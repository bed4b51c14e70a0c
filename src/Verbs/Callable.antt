-- ===== src/Verbs/Callable.antt =====
-- What `db_find_callable_verb` of server/db_verbs.c looks for, with no cache: the first executable
-- verb that matches the text of the word, on the way up from an object.
use waverous.Base.{
  ℕ, zero, suc, ◌<◌, ◌≡◌, refl, ◌∙◌, inl, inr, true, false, Option, none, some, ℤ, List, [], ◌∷◌,
  arith, if◌then◌else◌, length, Bool-cases, Option-cases,
}
use waverous.Text.{CStr}
use waverous.Text.Compare.{lower}
use waverous.Database.{Object, Db, Verbdef}
use waverous.Database.Run.{and_then, ok}
use waverous.Database.Up.{Up}
use waverous.Verbs.{Handle, apart, is_verb, first_verb, find_verbdef_by_name, search_up}
use waverous.Verbs.Same.{names_match-lower}
use waverous.Verbs.Cache.{has_verbs, first_with_verbs, search_from}

-- The first verb on the way up that the word may call.
unfoldable pub callable : List Object → CStr → Option Handle
callable [] word = none
callable (o ∷ os) word =
    let rest = callable os word in
    elim (find_verbdef_by_name apart o word true) [
      | none ↦ rest
      | some i ↦ some (record { definer = o.id; verbdef = i })
    ]

-- The first object on the way up that has verbs.
abbrev pub first_verbs : List Object → Option Object
first_verbs [] = none
first_verbs (o ∷ os) = if has_verbs o.verbdefs then some o else first_verbs os

first_verb-lower :
    (w u : CStr) (vs : List Verbdef)
    → lower w ≡ lower u
    → first_verb (is_verb apart w true) vs ≡ first_verb (is_verb apart u true) vs
unfolding first_verb is_verb
first_verb-lower w u [] h = refl
first_verb-lower w u (v ∷ vs) h =
    rw (names_match-lower v.name w u h, first_verb-lower w u vs h) refl

pub callable-lower :
    (os : List Object) (w u : CStr) → lower w ≡ lower u → callable os w ≡ callable os u
unfolding callable find_verbdef_by_name
callable-lower [] w u h = refl
callable-lower (o ∷ os) w u h = elim (Option-cases (first_verb (is_verb apart u true) o.verbdefs)) [
  | inl n ↦
      let m : first_verb (is_verb apart w true) o.verbdefs ≡ none =
        first_verb-lower w u o.verbdefs h ∙ n in
      rw (callable, m, n) (callable-lower os w u h)
  | inr (i, n) ↦
      let m : first_verb (is_verb apart w true) o.verbdefs ≡ some i =
        first_verb-lower w u o.verbdefs h ∙ n in
      rw (callable, m, n) refl
]

no_verb :
    (o : Object) (word : CStr)
    → has_verbs o.verbdefs ≡ false
    → find_verbdef_by_name apart o word true ≡ none
unfolding find_verbdef_by_name first_verb
no_verb o word h = go o.verbdefs h
  where
    go : (vs : List Verbdef) → has_verbs vs ≡ false → first_verb (is_verb apart word true) vs ≡ none
    go [] h = refl
    go (v ∷ vs) h = cc

callable-skip :
    (o : Object) (os : List Object) (word : CStr)
    → has_verbs o.verbdefs ≡ false
    → callable (o ∷ os) word ≡ callable os word
unfolding callable
callable-skip o os word h = rw (no_verb o word h, callable) refl

-- Objects without verbs contribute nothing.
pub callable-none :
    (os : List Object) (word : CStr) → first_verbs os ≡ none → callable os word ≡ none
callable-none [] word h = unfold callable in refl
callable-none (o ∷ os) word h = elim (Bool-cases (has_verbs o.verbdefs)) [
  | inl t ↦ let p : some o ≡ none = rw t at h in cc
  | inr f ↦ callable-skip o os word f ∙ callable-none os word (rw f at h)
]

pub callable-first :
    (db : Db) (x : ℤ) (os : List Object) (o : Object)
    → Up db x os
    → first_verbs os ≡ some o
    → (y : ℤ) × (rest : List Object) × Up db y (o ∷ rest)
      × (length rest < length os)
      × ((word : CStr) → callable os word ≡ callable (o ∷ rest) word)
callable-first db x [] o u h = cc
callable-first db x (p ∷ os) o u h = elim (Bool-cases (has_verbs p.verbdefs)) [
  | inl t ↦
      let e : some p ≡ some o = rw t at h in
      let same : o ≡ p = cc in (x, os, rw same u, omega arith, λ word. rw same refl)
  | inr f ↦
      let (y, rest, v, lt, c) = callable-first db p.parent os o u.1 (rw f at h) in
      (y, rest, v, omega arith, λ word. callable-skip p os word f ∙ c word)
]

module _ (db : Db) where
  pub first_with_verbs-first :
      (fuel : ℕ) (x : ℤ) (os : List Object)
      → Up db x os
      → length os < fuel
      → first_with_verbs fuel x db ≡ ok (first_verbs os) db
  unfolding first_with_verbs
  first_with_verbs-first zero x os u h = absurd (omega arith)
  first_with_verbs-first (suc fuel) x [] u h = rw u refl
  first_with_verbs-first (suc fuel) x (o ∷ os) u h =
      rw (u.0, and_then)
        (elim (Bool-cases (has_verbs o.verbdefs)) [
          | inl t ↦ rw t refl
          | inr f ↦ rw f (first_with_verbs-first fuel o.parent os u.1 (omega arith))
        ])

  search_up-callable :
      (fuel : ℕ) (x : ℤ) (os : List Object) (word : CStr)
      → Up db x os
      → length os < fuel
      → search_up (λ p. find_verbdef_by_name apart p word true) fuel x db ≡ ok (callable os word) db
  unfolding search_up callable
  search_up-callable zero x os word u h = absurd (omega arith)
  search_up-callable (suc fuel) x [] word u h = rw u refl
  search_up-callable (suc fuel) x (o ∷ os) word u h =
      elim (Option-cases (find_verbdef_by_name apart o word true)) [
        | inl n ↦
            rw (u.0, n, and_then, callable)
              (search_up-callable fuel o.parent os word u.1 (omega arith))
        | inr (i, n) ↦ rw (u.0, n, and_then, callable) refl
      ]

  pub search_from-callable :
      (fuel : ℕ) (y : ℤ) (o : Object) (rest : List Object) (word : CStr)
      → Up db y (o ∷ rest)
      → length rest < fuel
      → search_from apart fuel (some o) word db ≡ ok (callable (o ∷ rest) word) db
  unfolding search_from callable
  search_from-callable fuel y o rest word u h =
      elim (Option-cases (find_verbdef_by_name apart o word true)) [
        | inl n ↦ rw (n, callable, search_from) (search_up-callable fuel o.parent rest word u.1 h)
        | inr (i, n) ↦ rw (n, callable, search_from) refl
      ]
========
Report only how many lines above include "else".

§ **Final answer**:
2